● **EXERCISE REQUIREMENTS**
Search the records below for the word "taken". Pull out each line that has it.

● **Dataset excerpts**

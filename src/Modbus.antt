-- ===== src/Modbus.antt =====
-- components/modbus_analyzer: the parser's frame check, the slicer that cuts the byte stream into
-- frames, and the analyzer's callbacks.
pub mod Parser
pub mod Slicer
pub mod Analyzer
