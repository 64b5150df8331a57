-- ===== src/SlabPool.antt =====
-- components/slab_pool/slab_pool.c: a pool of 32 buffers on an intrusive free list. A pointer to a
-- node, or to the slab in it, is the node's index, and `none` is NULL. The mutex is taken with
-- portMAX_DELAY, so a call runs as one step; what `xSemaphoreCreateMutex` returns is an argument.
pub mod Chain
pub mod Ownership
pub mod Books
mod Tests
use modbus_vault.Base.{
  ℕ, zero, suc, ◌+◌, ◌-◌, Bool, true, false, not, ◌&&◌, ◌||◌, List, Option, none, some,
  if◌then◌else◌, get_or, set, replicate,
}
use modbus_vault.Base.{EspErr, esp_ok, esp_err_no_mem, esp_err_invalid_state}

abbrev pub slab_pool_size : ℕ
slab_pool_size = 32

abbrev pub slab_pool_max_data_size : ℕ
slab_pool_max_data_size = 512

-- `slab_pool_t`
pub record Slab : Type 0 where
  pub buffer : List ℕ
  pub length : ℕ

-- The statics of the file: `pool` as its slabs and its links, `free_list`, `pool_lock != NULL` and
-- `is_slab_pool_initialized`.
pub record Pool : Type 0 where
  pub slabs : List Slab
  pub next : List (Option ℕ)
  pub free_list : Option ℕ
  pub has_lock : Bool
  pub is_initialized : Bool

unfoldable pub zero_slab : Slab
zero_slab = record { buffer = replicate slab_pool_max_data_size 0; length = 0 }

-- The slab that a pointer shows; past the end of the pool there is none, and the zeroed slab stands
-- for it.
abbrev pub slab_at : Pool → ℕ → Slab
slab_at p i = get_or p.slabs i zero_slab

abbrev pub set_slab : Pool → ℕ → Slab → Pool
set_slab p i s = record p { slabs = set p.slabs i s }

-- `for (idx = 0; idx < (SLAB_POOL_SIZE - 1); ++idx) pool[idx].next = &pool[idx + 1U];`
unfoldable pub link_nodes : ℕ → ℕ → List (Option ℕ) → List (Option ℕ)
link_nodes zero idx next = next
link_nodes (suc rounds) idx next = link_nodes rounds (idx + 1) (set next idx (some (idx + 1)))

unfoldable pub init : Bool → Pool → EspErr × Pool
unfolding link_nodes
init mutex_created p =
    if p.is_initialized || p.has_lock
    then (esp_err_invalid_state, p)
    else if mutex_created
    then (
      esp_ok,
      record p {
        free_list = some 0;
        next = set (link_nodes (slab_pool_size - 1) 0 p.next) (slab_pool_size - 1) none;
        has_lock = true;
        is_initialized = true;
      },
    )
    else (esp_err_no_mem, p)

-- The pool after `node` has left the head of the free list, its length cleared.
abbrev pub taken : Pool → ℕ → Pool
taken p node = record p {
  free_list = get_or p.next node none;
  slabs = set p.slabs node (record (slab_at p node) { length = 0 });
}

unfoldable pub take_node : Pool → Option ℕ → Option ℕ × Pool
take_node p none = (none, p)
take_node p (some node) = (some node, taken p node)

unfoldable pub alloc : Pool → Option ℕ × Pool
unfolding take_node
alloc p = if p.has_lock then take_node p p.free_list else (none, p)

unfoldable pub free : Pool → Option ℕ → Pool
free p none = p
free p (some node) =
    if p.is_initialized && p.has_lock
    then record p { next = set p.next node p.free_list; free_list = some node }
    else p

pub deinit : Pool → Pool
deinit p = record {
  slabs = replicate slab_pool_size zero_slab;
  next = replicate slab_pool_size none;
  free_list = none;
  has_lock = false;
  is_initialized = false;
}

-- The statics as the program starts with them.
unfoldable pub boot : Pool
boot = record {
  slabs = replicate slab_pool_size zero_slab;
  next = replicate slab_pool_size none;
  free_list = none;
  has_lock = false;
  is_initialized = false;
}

---

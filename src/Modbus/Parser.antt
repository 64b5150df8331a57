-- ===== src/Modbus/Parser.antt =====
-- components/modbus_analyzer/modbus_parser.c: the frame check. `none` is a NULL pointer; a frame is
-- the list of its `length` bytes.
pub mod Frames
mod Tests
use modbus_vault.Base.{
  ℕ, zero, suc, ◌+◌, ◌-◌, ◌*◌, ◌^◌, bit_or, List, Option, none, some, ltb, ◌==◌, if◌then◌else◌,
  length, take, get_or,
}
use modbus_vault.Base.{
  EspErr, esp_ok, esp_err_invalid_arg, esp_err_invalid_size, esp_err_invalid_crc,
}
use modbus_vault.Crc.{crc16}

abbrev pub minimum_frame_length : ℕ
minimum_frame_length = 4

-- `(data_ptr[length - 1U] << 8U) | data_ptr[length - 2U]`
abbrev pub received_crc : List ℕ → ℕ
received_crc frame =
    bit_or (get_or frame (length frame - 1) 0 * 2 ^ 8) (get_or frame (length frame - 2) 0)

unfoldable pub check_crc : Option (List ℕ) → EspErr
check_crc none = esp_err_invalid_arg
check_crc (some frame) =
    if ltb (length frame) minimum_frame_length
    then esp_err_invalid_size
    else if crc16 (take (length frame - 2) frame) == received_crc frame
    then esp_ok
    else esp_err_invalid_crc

● **RESPONSE**
-- node, or to the slab in it, is the node's index, and `none` is NULL. The mutex is taken with
abbrev pub taken : Pool → ℕ → Pool
taken p node = record p {
take_node p (some node) = (some node, taken p node)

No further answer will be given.